The statistically significant results enabled us to evaluate sales of the treatment group. If the sales during the two-week test period were lower than the 95% confidence interval of our forecast we would be able to support our alternative hypothesis H1; that stopping the campaign had an adverse effect on the sales.
During the test period, we expected the sales to be about 30% higher than the actual outcome. This gap equates to incremental revenue.
The incremental Return On Ad Spend (iROAS) is a measure of the return on investment (ROI) of a marketing campaign. It is calculated by dividing the incremental revenue generated by the campaign by the cost of the campaign. The results of the test concluded that the iROAS for this specific campaign amounted to 720% which was substantially above their break-even point of ~300%.
Based on these results, we inferred that the marketing campaign was effective at driving additional sales for the company. The high iROAS indicated that the campaign generated a good return on investment, and was a worthwhile investment for the company. What we established was that we could recommend the client to continue their existing spend on this campaign in the future, and even consider expanding the spending to drive even more sales somewhere closer to their break-even point.
The statistical model that built the forecast, as previously mentioned, is called Facebook Prophet. The Facebook Prophet is an additive regression model, which is a type of statistical model that is used to forecast time series data. The word “additive” assumes that the various factors that influence the time series can be added together to produce the final forecast. In other words, the model assumed that the effects of each factor are independent of each other.

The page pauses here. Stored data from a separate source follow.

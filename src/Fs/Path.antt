-- ===== src/Fs/Path.antt =====
-- Paths: `skipelem` of xv6-l/fs.c, and the loop around it in `namex`.
-- A path is the list of its bytes before the NUL. The buffer `name` of DIRSIZ bytes is the bytes before its
-- NUL, or all of them; `namecmp` reads no others.
pub mod Split
use os_playground.Base.{
  ℕ, zero, suc, Bool, true, false, Option, none, some, List, [], ◌∷◌, ◌==◌, if◌then◌else◌, take,
  length,
}

abbrev pub dirsiz : ℕ
dirsiz = 14

-- `while(*path == '/') path++`
unfoldable pub skip_slashes : List ℕ → List ℕ
skip_slashes [] = []
skip_slashes (c ∷ path) = let rest = skip_slashes path in if c == b'/' then rest else c ∷ path

-- `while(*path != '/' && *path != 0) path++`: the bytes passed, and what is left.
unfoldable pub pass_elem : List ℕ → List ℕ × List ℕ
pass_elem [] = ([], [])
pass_elem (c ∷ path) =
    let rest = pass_elem path in if c == b'/' then ([], c ∷ path) else (c ∷ rest.0, rest.1)

abbrev pub element : List ℕ → Option (List ℕ × List ℕ)
element [] = none
element (c ∷ path) = let e = pass_elem (c ∷ path) in some (take dirsiz e.0, skip_slashes e.1)

-- The name and the rest of the path, or `none` if there is no name.
unfoldable pub skipelem : List ℕ → Option (List ℕ × List ℕ)
unfolding skip_slashes pass_elem
skipelem path = element (skip_slashes path)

We also used Stockholm as a second city, an extra verifier when we conducted the test, this helped to improve the reliability and validity of the results. By comparing the results in the two different cities, where spending has a similar relationship to sales, we could control for extraneous variables that may act on the results.
The mathematical model can be written as follows:
y(t) = g(t) + s(t) + h(t) + ε(t). Where y(t) is the value of the time series at time t, g(t) is the trend component of the forecast, s(t) is the seasonality component of the forecast, h(t) is the holiday component of the forecast, and ε(t) is the error term.
The trend component g(t) is modeled using a piecewise linear function, which allows the trend of the time series to change over time. The seasonality component s(t) is modeled using a Fourier series, which allows for periodic patterns in the time series data. The holiday component h(t) allows the model to account for the effects of specific, and sporadic holidays on the time series. And the error term ε(t) accounts for any random noise or variability in the time series that is not explained by the other components of the model.
Assumptions (for the super nerdy)
Some assumptions that we made, and also confirm before using this model are:
- That there is a linear and additive relationship between the dependent variable (the sales) and the independent variable (the campaign budget).
- That there is no correlation between the residual (error) terms. The absence of this phenomenon is known as autocorrelation.
- If there is more than one independent variable - they should not be correlated. This is known as multicollinearity. (in our case this is not checked for since we only have one independent variable)
- That the error terms must have constant variance, which is known as homoskedasticity. The presence of non-constant variance is referred to as heteroskedasticity.
- And lastly, the error terms must be normally distributed.
Once all of these assumptions are met, we can continue to use the model and draw conclusions from its results.